■ **PROBLEM REQUIREMENTS**: Your answer should hold exactly the lines from the one with "let i = add32 c.rr n % c.peers in" through the last line of the material below, nothing before and nothing extra.

■ **SOURCE DATA**:
▼
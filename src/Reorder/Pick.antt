-- ===== src/Reorder/Pick.antt =====
-- Which buffered packet goes to the game next: `reorder_pick` for one peer, and the round-robin scan
-- `reorder_next_ready` over all.
use battlezone_netcode_patch.Prelude.{
  ℕ, zero, suc, ◌+◌, ◌-◌, ◌%◌, Bool, not, ◌&&◌, ◌||◌, Option, none, some, take, ltb, leb, ◌==◌,
  if◌then◌else◌, sub32, add32,
}
use battlezone_netcode_patch.Prelude.Int.{ltb_ℤ, eqb_ℤ, pos}
use battlezone_netcode_patch.Prelude.Scan.{find_index?, fold_from}
use battlezone_netcode_patch.Reorder.{
  DeliverKind, first, in_order, forced, ReorderSlot, PeerBuf, ReorderCtx,
}
use battlezone_netcode_patch.Reorder.Seq.{seq_cmp, seq_next, seq_ahead_or_equal}
use battlezone_netcode_patch.Reorder.Peers.{reorder_hold_window, peer_at}

-- The best slot so far in the scan for a first delivery, by its index.
unfoldable pub lowest_round : ℕ → ReorderSlot → Option (ℕ × ReorderSlot) → Option (ℕ × ReorderSlot)
lowest_round i x best = if not x.used then best else elim best [
  | none ↦ some (i, x)
  | some (j, y) ↦
      if ltb_ℤ (seq_cmp x.seq y.seq) (pos 0) || eqb_ℤ (seq_cmp x.seq y.seq) (pos 0) && ltb x.ts y.ts
      then some (i, x)
      else some (j, y)
]

-- The candidates for a forced release: the nearest one ahead with its distance, and the oldest
-- arrival with its time.
pub record Aged : Type 0 where
  pub best_ahead : Option (ℕ × ℕ)
  pub best_oldest : Option (ℕ × ℕ)

abbrev pub is_aged : ℕ → ℕ → ReorderSlot → Bool
is_aged now hold x = x.used && not (ltb now x.ts) && leb hold (now - x.ts)

unfoldable pub nearer : Option (ℕ × ℕ) → ℕ → ℕ → Option (ℕ × ℕ)
nearer none i v = some (i, v)
nearer (some (j, w)) i v = if ltb v w then some (i, v) else some (j, w)

unfoldable pub aged_round : ℕ → ℕ → ℕ → ℕ → ReorderSlot → Aged → Aged
aged_round want now hold i x a = if not (is_aged now hold x) then a else record {
  best_ahead =
      if seq_ahead_or_equal x.seq want
      then nearer a.best_ahead i (sub32 x.seq want)
      else a.best_ahead;
  best_oldest = nearer a.best_oldest i x.ts;
}

unfoldable pub index_of : Option (ℕ × ℕ) → Option ℕ → Option ℕ
index_of none r = r
index_of (some (i, v)) r = some i

unfoldable pub pick_forced : ReorderCtx → PeerBuf → ℕ → Option ℕ
pick_forced c pb now =
    let none_yet : Aged = record { best_ahead = none; best_oldest = none } in
    let a : Aged =
      fold_from (aged_round (seq_next pb.last_seq) now (reorder_hold_window c (some pb))) 0 none_yet
        (take c.depth pb.slots) in
    index_of a.best_ahead (index_of a.best_oldest none)

unfoldable pub pick_lowest : ReorderCtx → PeerBuf → Option ℕ
pick_lowest c pb = elim (fold_from lowest_round 0 none (take c.depth pb.slots)) [
  | none ↦ none
  | some (i, x) ↦ some i
]

-- The kind of the release and the slot; no slot is the source's -1.
unfoldable pub reorder_pick : ReorderCtx → PeerBuf → ℕ → DeliverKind × Option ℕ
reorder_pick c pb now =
    if pb.filled == 0
    then (in_order, none)
    else if not pb.seq_init
    then (first, pick_lowest c pb)
    else elim (find_index? (λ (x : ReorderSlot). x.used && x.seq == seq_next pb.last_seq)
        (take c.depth pb.slots)) [
          | some i ↦ (in_order, some i)
          | none ↦ (forced, pick_forced c pb now)
        ]

pub record Ready : Type 0 where
  pub peer : ℕ
  pub slot : ℕ
  pub kind : DeliverKind

-- The scan from round `n`, with `left` rounds to go.
unfoldable pub ready_loop : ReorderCtx → ℕ → ℕ → ℕ → Option Ready
ready_loop c now n zero = none
ready_loop c now n (suc left) =
    let i = add32 c.rr n % c.peers in
    let rest = ready_loop c now (n + 1) left in
    if (peer_at c i).key == 0
    then rest
    else let (k, s) = reorder_pick c (peer_at c i) now in
      elim s [ some j ↦ some (record { peer = i; slot = j; kind = k }) | none ↦ rest ]

unfoldable pub reorder_next_ready : ReorderCtx → ℕ → Option Ready × ReorderCtx
reorder_next_ready c now =
    let r = ready_loop c now 0 c.peers in
    elim r [ none ↦ (none, c) | some x ↦ (some x, record c { rr = add32 x.peer 1 % c.peers }) ]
▲
■ **ANSWER SECTION**:
    let i = add32 c.rr n % c.peers in
    let rest = ready_loop c now (n + 1) left in
    if (peer_at c i).key == 0
    then rest
    else let (k, s) = reorder_pick c (peer_at c i) now in
      elim s [ some j ↦ some (record { peer = i; slot = j; kind = k }) | none ↦ rest ]

unfoldable pub reorder_next_ready : ReorderCtx → ℕ → Option Ready × ReorderCtx
reorder_next_ready c now =
    let r = ready_loop c now 0 c.peers in
    elim r [ none ↦ (none, c) | some x ↦ (some x, record c { rr = add32 x.peer 1 % c.peers }) ]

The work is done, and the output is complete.